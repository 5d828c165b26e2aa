-- ===== src/Schema/Meta.antt =====
-- `containsFile` and `removeMeta` of src/common/identity/utils.js, by the depth left,
-- `maxDepth + 1`. A schema that is `undefined` is `no_item`.
use identity_wallet.Common.{
  ℕ, zero, suc, ◌≡◌, refl, ap, Bool, true, false, none, some, arith, if◌then◌else◌, Result, ok,
  throw, type_error, ◌>>=◌, >>=-eq-ok, throw-ne-ok, ◌==◌, option_eq,
}
use identity_wallet.Schema.Text.{codes, text_eq}
use identity_wallet.Schema.Value.{end}
use identity_wallet.Schema.Types.{
  Keywords, Schema, PropertyList, Item, schema, no_properties, properties, property, no_item, item,
}

abbrev pub is_object : Keywords → Bool
is_object kw = kw.type == some (codes "object")

abbrev pub is_array : Keywords → Bool
is_array kw = kw.type == some (codes "array")

-- The loop over the properties, which returns at the first that contains a file.
unfoldable pub any_contains_file : (Item → Result Bool) → PropertyList → Result Bool
any_contains_file rec PropertyList.end = ok false
any_contains_file rec (property k s more) =
    let rest = any_contains_file rec more in
    do found ← rec (item s); if found then ok true else rest

unfoldable pub contains_file : ℕ → Item → Result Bool
unfolding any_contains_file
contains_file zero it = ok false
contains_file (suc n) no_item = throw type_error
contains_file (suc n) (item (schema kw props it)) =
    let below = contains_file n it in
    if kw.format == some (codes "file")
    then ok true
    else if is_object kw
    then elim props [
      | no_properties ↦ ok false
      | properties ps ↦ any_contains_file (contains_file n) ps
    ]
    else if is_array kw
    then below
    else ok false

abbrev no_keywords : Keywords
no_keywords = record { id = none; dialect = none; format = none; type = none; rest = end }

abbrev map_properties : (Schema → Schema) → PropertyList → PropertyList
map_properties f PropertyList.end = PropertyList.end
map_properties f (property k s more) = property k (f s) (map_properties f more)

-- `removeMeta(undefined, …)` is `{}`, if there is depth left.
abbrev item_meta : ℕ → (Schema → Schema) → Item → Item
item_meta zero f it = it
item_meta (suc n) f no_item = item (schema no_keywords no_properties no_item)
item_meta (suc n) f (item s) = item (f s)

unfoldable pub remove_meta : ℕ → Schema → Schema
remove_meta zero s = s
remove_meta (suc n) (schema kw props it) =
    schema (record kw { id = none; dialect = none })
      (if is_object kw
        then elim props [
          | no_properties ↦ no_properties
          | properties ps ↦ properties (map_properties (remove_meta n) ps)
        ]
        else props)
      (if is_array kw then item_meta n (remove_meta n) it else it)

map_properties_idem :
    (f : Schema → Schema)
    → ((s : Schema) → f (f s) ≡ f s)
    → (ps : PropertyList) → map_properties f (map_properties f ps) ≡ map_properties f ps
map_properties_idem f h PropertyList.end = refl
map_properties_idem f h (property k s more) = cc (h s, map_properties_idem f h more)

item_meta_idem :
    (n : ℕ) (it : Item)
    → ((s : Schema) → remove_meta n (remove_meta n s) ≡ remove_meta n s)
    → item_meta n (remove_meta n) (item_meta n (remove_meta n) it) ≡ item_meta n (remove_meta n) it
unfolding remove_meta option_eq text_eq
item_meta_idem zero it h = refl
item_meta_idem (suc n) no_item h = refl
item_meta_idem (suc n) (item s) h = ap item (h s)

-- Removing the meta keywords a second time changes nothing.
pub remove_meta_idem : (n : ℕ) (s : Schema) → remove_meta n (remove_meta n s) ≡ remove_meta n s
unfolding remove_meta
remove_meta_idem zero s = refl
remove_meta_idem (suc n) (schema kw no_properties it) =
    ground (arith, item_meta_idem n it (remove_meta_idem n))
remove_meta_idem (suc n) (schema kw (properties ps) it) = ground (
  arith,
  item_meta_idem n it (remove_meta_idem n),
  map_properties_idem (remove_meta n) (remove_meta_idem n) ps,
)

contains_file-properties :
    (n : ℕ) (ps : PropertyList) (b : Bool)
    → ((s : Schema) (b : Bool)
        → contains_file n (item s) ≡ ok b
        → contains_file n (item (remove_meta n s)) ≡ ok b)
    → any_contains_file (contains_file n) ps ≡ ok b
    → any_contains_file (contains_file n) (map_properties (remove_meta n) ps) ≡ ok b
unfolding any_contains_file
contains_file-properties n PropertyList.end b h e = e
contains_file-properties n (property k s more) b h e =
    let (found, here, rest) = >>=-eq-ok (contains_file n (item s)) _ e in
    ground (arith, h s found here, rest, contains_file-properties n more b h)

contains_file-item :
    (n : ℕ) (it : Item) (b : Bool)
    → ((s : Schema) (b : Bool)
        → contains_file n (item s) ≡ ok b
        → contains_file n (item (remove_meta n s)) ≡ ok b)
    → contains_file n it ≡ ok b
    → contains_file n (item_meta n (remove_meta n) it) ≡ ok b
unfolding contains_file
contains_file-item zero it b h e = e
contains_file-item (suc n) no_item b h e = absurd (throw-ne-ok e)
contains_file-item (suc n) (item s) b h e = h s b e

-- Where the search for a file returns, it finds the same in the schema without meta keywords.
pub contains_file-remove_meta :
    (n : ℕ) (s : Schema) (b : Bool)
    → contains_file n (item s) ≡ ok b
    → contains_file n (item (remove_meta n s)) ≡ ok b
unfolding contains_file remove_meta
contains_file-remove_meta zero s b e = e
contains_file-remove_meta (suc n) (schema kw no_properties it) b e =
    ground (arith, contains_file-item n it b (contains_file-remove_meta n))
contains_file-remove_meta (suc n) (schema kw (properties ps) it) b e = ground (
  arith,
  contains_file-item n it b (contains_file-remove_meta n),
  contains_file-properties n ps b (contains_file-remove_meta n),
)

——————

# Action item
Using the listing above, print every entry verbatim.

# Reply
repository 5d828c165b26e2aa
-- ===== src/Schema/Meta.antt =====
-- `containsFile` and `removeMeta` of src/common/identity/utils.js, by the depth left,
-- `maxDepth + 1`. A schema that is `undefined` is `no_item`.
use identity_wallet.Common.{
  ℕ, zero, suc, ◌≡◌, refl, ap, Bool, true, false, none, some, arith, if◌then◌else◌, Result, ok,
  throw, type_error, ◌>>=◌, >>=-eq-ok, throw-ne-ok, ◌==◌, option_eq,
}
use identity_wallet.Schema.Text.{codes, text_eq}
use identity_wallet.Schema.Value.{end}
use identity_wallet.Schema.Types.{
  Keywords, Schema, PropertyList, Item, schema, no_properties, properties, property, no_item, item,
}

abbrev pub is_object : Keywords → Bool
is_object kw = kw.type == some (codes "object")

abbrev pub is_array : Keywords → Bool
is_array kw = kw.type == some (codes "array")

-- The loop over the properties, which returns at the first that contains a file.
unfoldable pub any_contains_file : (Item → Result Bool) → PropertyList → Result Bool
any_contains_file rec PropertyList.end = ok false
any_contains_file rec (property k s more) =
    let rest = any_contains_file rec more in
    do found ← rec (item s); if found then ok true else rest

unfoldable pub contains_file : ℕ → Item → Result Bool
unfolding any_contains_file
contains_file zero it = ok false
contains_file (suc n) no_item = throw type_error
contains_file (suc n) (item (schema kw props it)) =
    let below = contains_file n it in
    if kw.format == some (codes "file")
    then ok true
    else if is_object kw
    then elim props [
      | no_properties ↦ ok false
      | properties ps ↦ any_contains_file (contains_file n) ps
    ]
    else if is_array kw
    then below
    else ok false

abbrev no_keywords : Keywords
no_keywords = record { id = none; dialect = none; format = none; type = none; rest = end }

abbrev map_properties : (Schema → Schema) → PropertyList → PropertyList
map_properties f PropertyList.end = PropertyList.end
map_properties f (property k s more) = property k (f s) (map_properties f more)

-- `removeMeta(undefined, …)` is `{}`, if there is depth left.
abbrev item_meta : ℕ → (Schema → Schema) → Item → Item
item_meta zero f it = it
item_meta (suc n) f no_item = item (schema no_keywords no_properties no_item)
item_meta (suc n) f (item s) = item (f s)

unfoldable pub remove_meta : ℕ → Schema → Schema
remove_meta zero s = s
remove_meta (suc n) (schema kw props it) =
    schema (record kw { id = none; dialect = none })
      (if is_object kw
        then elim props [
          | no_properties ↦ no_properties
          | properties ps ↦ properties (map_properties (remove_meta n) ps)
        ]
        else props)
      (if is_array kw then item_meta n (remove_meta n) it else it)

map_properties_idem :
    (f : Schema → Schema)
    → ((s : Schema) → f (f s) ≡ f s)
    → (ps : PropertyList) → map_properties f (map_properties f ps) ≡ map_properties f ps
map_properties_idem f h PropertyList.end = refl
map_properties_idem f h (property k s more) = cc (h s, map_properties_idem f h more)

item_meta_idem :
    (n : ℕ) (it : Item)
    → ((s : Schema) → remove_meta n (remove_meta n s) ≡ remove_meta n s)
    → item_meta n (remove_meta n) (item_meta n (remove_meta n) it) ≡ item_meta n (remove_meta n) it
unfolding remove_meta option_eq text_eq
item_meta_idem zero it h = refl
item_meta_idem (suc n) no_item h = refl
item_meta_idem (suc n) (item s) h = ap item (h s)

-- Removing the meta keywords a second time changes nothing.
pub remove_meta_idem : (n : ℕ) (s : Schema) → remove_meta n (remove_meta n s) ≡ remove_meta n s
unfolding remove_meta
remove_meta_idem zero s = refl
remove_meta_idem (suc n) (schema kw no_properties it) =
    ground (arith, item_meta_idem n it (remove_meta_idem n))
remove_meta_idem (suc n) (schema kw (properties ps) it) = ground (
  arith,
  item_meta_idem n it (remove_meta_idem n),
  map_properties_idem (remove_meta n) (remove_meta_idem n) ps,
)

contains_file-properties :
    (n : ℕ) (ps : PropertyList) (b : Bool)
    → ((s : Schema) (b : Bool)
        → contains_file n (item s) ≡ ok b
        → contains_file n (item (remove_meta n s)) ≡ ok b)
    → any_contains_file (contains_file n) ps ≡ ok b
    → any_contains_file (contains_file n) (map_properties (remove_meta n) ps) ≡ ok b
unfolding any_contains_file
contains_file-properties n PropertyList.end b h e = e
contains_file-properties n (property k s more) b h e =
    let (found, here, rest) = >>=-eq-ok (contains_file n (item s)) _ e in
    ground (arith, h s found here, rest, contains_file-properties n more b h)

contains_file-item :
    (n : ℕ) (it : Item) (b : Bool)
    → ((s : Schema) (b : Bool)
        → contains_file n (item s) ≡ ok b
        → contains_file n (item (remove_meta n s)) ≡ ok b)
    → contains_file n it ≡ ok b
    → contains_file n (item_meta n (remove_meta n) it) ≡ ok b
unfolding contains_file
contains_file-item zero it b h e = e
contains_file-item (suc n) no_item b h e = absurd (throw-ne-ok e)
contains_file-item (suc n) (item s) b h e = h s b e

-- Where the search for a file returns, it finds the same in the schema without meta keywords.
pub contains_file-remove_meta :
    (n : ℕ) (s : Schema) (b : Bool)
    → contains_file n (item s) ≡ ok b
    → contains_file n (item (remove_meta n s)) ≡ ok b
unfolding contains_file remove_meta
contains_file-remove_meta zero s b e = e
contains_file-remove_meta (suc n) (schema kw no_properties it) b e =
    ground (arith, contains_file-item n it b (contains_file-remove_meta n))
contains_file-remove_meta (suc n) (schema kw (properties ps) it) b e = ground (
  arith,
  contains_file-item n it b (contains_file-remove_meta n),
  contains_file-properties n ps b (contains_file-remove_meta n),
)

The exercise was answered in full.